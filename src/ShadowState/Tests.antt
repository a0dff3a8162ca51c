-- ===== src/ShadowState/Tests.antt =====
-- Concrete runs of crates/shadow-state: two transactions of one round, the second having read what
-- the first wrote; account infos, database and changes are numbers.
use dual_optimistic_l.Base.{
  ℕ, ◌+◌, ◌≡◌, ◌↔◌, ◌⊎◌, inr, refl, Bool, true, ◌&&◌, ◌||◌, none, some, List, [], ◌∷◌, length, map,
  ◌==◌, if◌then◌else◌, arith,
}
use dual_optimistic_l.Base.Key.{nat_key, pair_key}
use dual_optimistic_l.Base.Map
use dual_optimistic_l.Base.Map.Values.{on_some, or_else, newest}
use dual_optimistic_l.Base.Set
use dual_optimistic_l.ShadowState.{
  SlotKey, data_value, pending, SlotVersions, speculative, RoundLayer, ShadowDb, EvmState,
}
use dual_optimistic_l.ShadowState.Execution.{record_tx_execution, abort_tx, commit_tx_execution}
use dual_optimistic_l.ShadowState.Execution.Versions.{written_value, as_data}
use dual_optimistic_l.ShadowState.Execution.Effects.{
  version_of, readers_of, record_tx_execution_lem, commit_tx_execution_lem, abort_tx_lem,
}
use dual_optimistic_l.ShadowState.Validation.{cascade_invalidate}
use dual_optimistic_l.ShadowState.Validation.Affected.{IsAffected}
use dual_optimistic_l.ShadowState.Validation.Cascade.{cleared, cascade_invalidate_lem}
use dual_optimistic_l.ShadowState.Commit.Finality.{
  indices_from, apply_all, finalize_all, finalize_all_lem,
}
use dual_optimistic_l.ShadowState.Readlast.{
  written, found_in, find_in_layer, readlast_storage, storage_ref,
}
use dual_optimistic_l.ShadowState.Readlast.Reads.{
  noted_read, pending_after, readlast_storage-noted, pending_falls_back,
}

abbrev one_slot : SlotVersions
one_slot = record { versions = (0, data_value 7) ∷ []; readers = (0, 1 ∷ []) ∷ [] }

abbrev first_round : RoundLayer ℕ
first_round = record {
  commit_index = 1;
  status = speculative;
  slot_versions = ((5, 6), one_slot) ∷ [];
  account_versions = [];
  pending_txs = none;
  tx_reads = (1, ((5, 6), 7) ∷ []) ∷ [];
}

abbrev shadow : ShadowDb ℕ ℕ
shadow = record {
  canonical = 0;
  layers = (1, first_round) ∷ [];
  current_tx = 3;
  current_commit_index = 1;
  coinbase = 9;
  last_finalized = none;
}

abbrev reported : EvmState ℕ
reported =
    (5, record { info = 0; storage = (6, record { present_value = 8; is_changed = true }) ∷ [] })
    ∷ []

round_there : Map.get 1 shadow.layers ≡ some first_round
unfolding Map.get
round_there = refl

record_tx_execution_lem_example :
    version_of (record_tx_execution shadow 1 2 reported) 1 (5, 6) 2 ≡ (
      if 1 == 1 && 2 == 2
      then or_else (as_data (written_value 5 6 reported)) (version_of shadow 1 (5, 6) 2)
      else version_of shadow 1 (5, 6) 2)
record_tx_execution_lem_example = record_tx_execution_lem shadow 1 2 reported 1 5 6 2

commit_tx_execution_lem_example :
    version_of (commit_tx_execution shadow 1 0 reported) 1 (5, 6) 0 ≡ (
      if 1 == 1 && 0 == 0
      then as_data (written_value 5 6 reported)
      else version_of shadow 1 (5, 6) 0)
commit_tx_execution_lem_example =
    commit_tx_execution_lem shadow 1 0 reported {layer = first_round} 1 5 6 0 round_there

abort_tx_lem_example :
    let (s', notified) = abort_tx shadow 1 0 in
    (version_of s' 1 (5, 6) 1 ≡ (
      if 1 == 1 && 1 == 0
      then on_some (λ v. pending) (version_of shadow 1 (5, 6) 1)
      else version_of shadow 1 (5, 6) 1))
    × (readers_of s' 1 (5, 6) 1 ≡ (if 1 == 1 && 1 == 0 then [] else readers_of shadow 1 (5, 6) 1))
    × ((Set.contains 1 (readers_of shadow 1 (5, 6) 0) || Set.contains 1 notified)
        ≡ Set.contains 1 notified)
abort_tx_lem_example = abort_tx_lem shadow 1 0 {layer = first_round} 1 5 6 1 round_there

cascade_invalidate_lem_example :
    let (s', out) = cascade_invalidate shadow 0 ((5, 6) ∷ []) in
    (affected : Bool) × ((affected ≡ true) ↔ IsAffected 0 ((5, 6) ∷ []) 1 first_round)
    × (Map.get 1 s'.layers ≡ some (if affected then cleared first_round else first_round))
    × (Set.contains 1 out ≡ affected)
    × (¬ IsAffected 0 ((5, 6) ∷ []) 1 (if affected then cleared first_round else first_round))
cascade_invalidate_lem_example =
    cascade_invalidate_lem shadow 0 ((5, 6) ∷ []) 1 {layer = first_round} round_there (tt, tt)
      (tt, tt)

abbrev add_changes : ℕ → ℕ → ℕ
add_changes db changes = db + changes

abbrev finalizations : List (ℕ × ℕ)
finalizations = (2, 10) ∷ (1, 20) ∷ (2, 30) ∷ []

finalize_all_lem_example :
    let (s', accepted) = finalize_all add_changes shadow finalizations in
    (map (λ c. c.0) accepted ≡ indices_from 1 (length accepted))
    × (s'.canonical ≡ apply_all add_changes 0 accepted)
finalize_all_lem_example = finalize_all_lem add_changes shadow finalizations

seven_read : (readlast_storage shadow (5, 6) 1 3).1 ≡ some 7
unfolding readlast_storage newest find_in_layer Map.get written found_in
seven_read = refl

readlast_storage-noted_example :
    (layer' : RoundLayer ℕ) × (Map.get 1 (readlast_storage shadow (5, 6) 1 3).0.layers
      ≡ some layer')
    × (noted_read layer' 3 (5, 6) ≡ some 7)
readlast_storage-noted_example =
    readlast_storage-noted shadow (5, 6) 1 3 7 {layer = first_round} round_there seven_read

abbrev always_forty : ℕ → SlotKey → Unit {0} ⊎ ℕ
always_forty db key = inr 40

pending_falls_back_example :
    (storage_ref always_forty (pending_after shadow 1 (5, 6) 0 2 0) (5, 6)).1 ≡ inr 40
pending_falls_back_example =
    pending_falls_back always_forty shadow (5, 6) 1 0 2 0 (omega arith) (omega arith)
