-- ===== src/Lib.antt =====
-- good-os-framework, a framework for x86-64 kernels in Rust: this library models its allocators,
-- its page tables, the loading of programs, its scheduler, its user heap, its clocks and displays, its
-- signals and its drivers for NVMe, PCI and the mouse.
--
-- src/data/bitmap.rs is Data/Bitmap.antt. `Bitmap` keeps the bytes of the slice as a list of
-- numbers; `get` and `set` panic past the end. The bit access of a byte belongs to the `bit_field`
-- crate, so it is the interface `BitField`, which Data/Bitmap/Bits.antt fills for `u8`.
--
-- src/memory/frame.rs is Memory/Frame.antt: `BitmapFrameAllocator` with `init` (Memory/Frame/Init.antt), `allocate_frames`,
-- `allocate_frame` and `deallocate_frame`. The loops are `count_run`, `skip_used`, `search_run`,
-- `mark_used` and `find_free`. Those with a condition run on fuel, one round more than there are
-- frames left below the length of the bitmap. `allocate_frames` itself gives them this fuel, and
-- with it no loop runs out. The conversions of src/memory/mod.rs are in
-- Memory/Address.antt, with the offset that the boot loader answers as an argument and the sums
-- taken modulo 2 ^ 64.
--
-- src/memory/page_table.rs is Memory/PageTable.antt. A table is a function from an index to an entry,
-- the memory a function from the physical address of a table to the table; the loop over a table is
-- `copy_entries`, and the levels are a structural recursion, so no fuel is needed. The entries of the
-- `x86_64` crate are the interface `Paging`. Memory/PageTable/Walk.antt says by `lookup` how an
-- address is looked up in a tree, Memory/Frame/Supply.antt by `Supply` how many frames an
-- allocator has left. Memory/PageTable/General.antt and Access.antt have the other functions. They
-- use the mapper of the crate, which is the interface `Mapper` of Memory/Mapper.antt; so does
-- src/memory/manager.rs, which is Memory/Manager.antt, with the stack of src/task/stack.rs.
-- src/task/process.rs is Task/Process.antt: the loop over the segments of a program, each of which
-- the `object` crate gives, and the end of a process. src/task/scheduler.rs is Task/Scheduler.antt:
-- the queue, the thread of each processor and the threads that are alive, which a `Weak` reference is
-- looked up in. src/memory/user_heap.rs is Memory/UserHeap.antt, over the `talc` allocator as the
-- interface `Talc`. Its `extend` is told which bytes can be accessed, and has no law, since `sbrk` extends
-- the allocator before it maps the new pages. The laws of `Mapper` are for the flags of a present page
-- of 4 KiB; with other flags the crate panics or maps nothing.
--
-- src/drivers/rtc.rs is Drivers/Rtc.antt and src/drivers/hpet.rs is Drivers/Hpet.antt. What the timer
-- shows at each read is an argument, and the loop over its halves runs on fuel; two rounds are enough
-- for a counter that is not faster than the reads. src/drivers/display.rs is
-- Drivers/Display.antt and src/console/tty.rs is Console/Tty.antt.
--
-- src/drivers/mod.rs is Drivers/Dma.antt: `alloc_for_dma` and `dealloc_for_dma` lock the frame
-- allocator, which the model passes as a state.
--
-- src/task/signal.rs is Task/Signal.antt. The field `data` of a signal is `payload`.
--
-- src/drivers/nvme is Drivers/Nvme. Cmd.antt has the submission entries of cmd.rs; Memory.antt the
-- buffers and the chunk iterator of memory.rs; Queues.antt the rings of queues.rs. The controller is
-- the other side of a ring: `complete_spin` takes what the memory of the ring holds at each of its
-- polls, and Queues/Complete.antt states by `Synced` which entries the controller has posted.
-- Device.antt has the registers and the state of the device of nvme.rs; what the driver writes to the
-- controller is a trace, and `Controller` says what the controller shows after a trace. Device/Init.antt
-- brings a controller up, Device/Admin.antt has the admin commands, Device/Transfer.antt the reads and
-- writes on the queue of the device, Device/Pair.antt the other queue pairs.
-- `complete_spin` runs on fuel, which stands for how long the driver has waited.
--
-- src/drivers/mouse.rs is Drivers/Mouse.antt: the packets of a movement, and the commands that set the
-- mouse up. The polls of a port are bounded in the source, so no fuel is needed.
--
-- src/drivers/pci.rs is Drivers/Pci.antt, with the configuration addresses of src/arch/mod.rs. The
-- registers of a device are a state of the machine, which `Hardware` reads and writes.
-- Drivers/Pci/Header.antt has the common header, Drivers/Pci/Bar.antt the base address registers,
-- Drivers/Pci/Device.antt the rest of the headers, Drivers/Pci/Capability.antt the list of capabilities
-- and Drivers/Pci/Scan.antt the scan, on fuel for the buses that bridges lead to. Drivers/Pci/Root.antt has
-- the memory-mapped registers of a root.
--
-- A panic is the outcome `panics`, a loop that has used up its fuel the outcome `spins`; a result is
-- `done` (Base/Faults.antt).
--
-- Not modelled: code that only drives the machine (descriptor tables, context switches, ports and
-- device registers), and logging, which changes no state of the model. Of the files above, the
-- transfers of NVMe through a copied buffer, the switch of the terminal to another buffer, the creation
-- of threads and processes and the search of the list of PCI devices are left out. The bytes that
-- programs and the kernel read and write are those outside the page tables; a write that an address
-- leads into a page table is not modelled.
mod Base
pub mod Data
pub mod Memory
pub mod Task
pub mod Drivers
pub mod Console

### PROBLEM TO SOLVE
Retype exactly the lines from the start of the entries through the one with "account_versions = [];"; include both ends.

### EXERCISE RESPONSE
filename src/ShadowState/Tests.antt
repository a0dff3a8162ca51c
-- ===== src/ShadowState/Tests.antt =====
-- Concrete runs of crates/shadow-state: two transactions of one round, the second having read what
-- the first wrote; account infos, database and changes are numbers.
use dual_optimistic_l.Base.{
  ℕ, ◌+◌, ◌≡◌, ◌↔◌, ◌⊎◌, inr, refl, Bool, true, ◌&&◌, ◌||◌, none, some, List, [], ◌∷◌, length, map,
  ◌==◌, if◌then◌else◌, arith,
}
use dual_optimistic_l.Base.Key.{nat_key, pair_key}
use dual_optimistic_l.Base.Map
use dual_optimistic_l.Base.Map.Values.{on_some, or_else, newest}
use dual_optimistic_l.Base.Set
use dual_optimistic_l.ShadowState.{
  SlotKey, data_value, pending, SlotVersions, speculative, RoundLayer, ShadowDb, EvmState,
}
use dual_optimistic_l.ShadowState.Execution.{record_tx_execution, abort_tx, commit_tx_execution}
use dual_optimistic_l.ShadowState.Execution.Versions.{written_value, as_data}
use dual_optimistic_l.ShadowState.Execution.Effects.{
  version_of, readers_of, record_tx_execution_lem, commit_tx_execution_lem, abort_tx_lem,
}
use dual_optimistic_l.ShadowState.Validation.{cascade_invalidate}
use dual_optimistic_l.ShadowState.Validation.Affected.{IsAffected}
use dual_optimistic_l.ShadowState.Validation.Cascade.{cleared, cascade_invalidate_lem}
use dual_optimistic_l.ShadowState.Commit.Finality.{
  indices_from, apply_all, finalize_all, finalize_all_lem,
}
use dual_optimistic_l.ShadowState.Readlast.{
  written, found_in, find_in_layer, readlast_storage, storage_ref,
}
use dual_optimistic_l.ShadowState.Readlast.Reads.{
  noted_read, pending_after, readlast_storage-noted, pending_falls_back,
}

abbrev one_slot : SlotVersions
one_slot = record { versions = (0, data_value 7) ∷ []; readers = (0, 1 ∷ []) ∷ [] }

abbrev first_round : RoundLayer ℕ
first_round = record {
  commit_index = 1;
  status = speculative;
  slot_versions = ((5, 6), one_slot) ∷ [];
  account_versions = [];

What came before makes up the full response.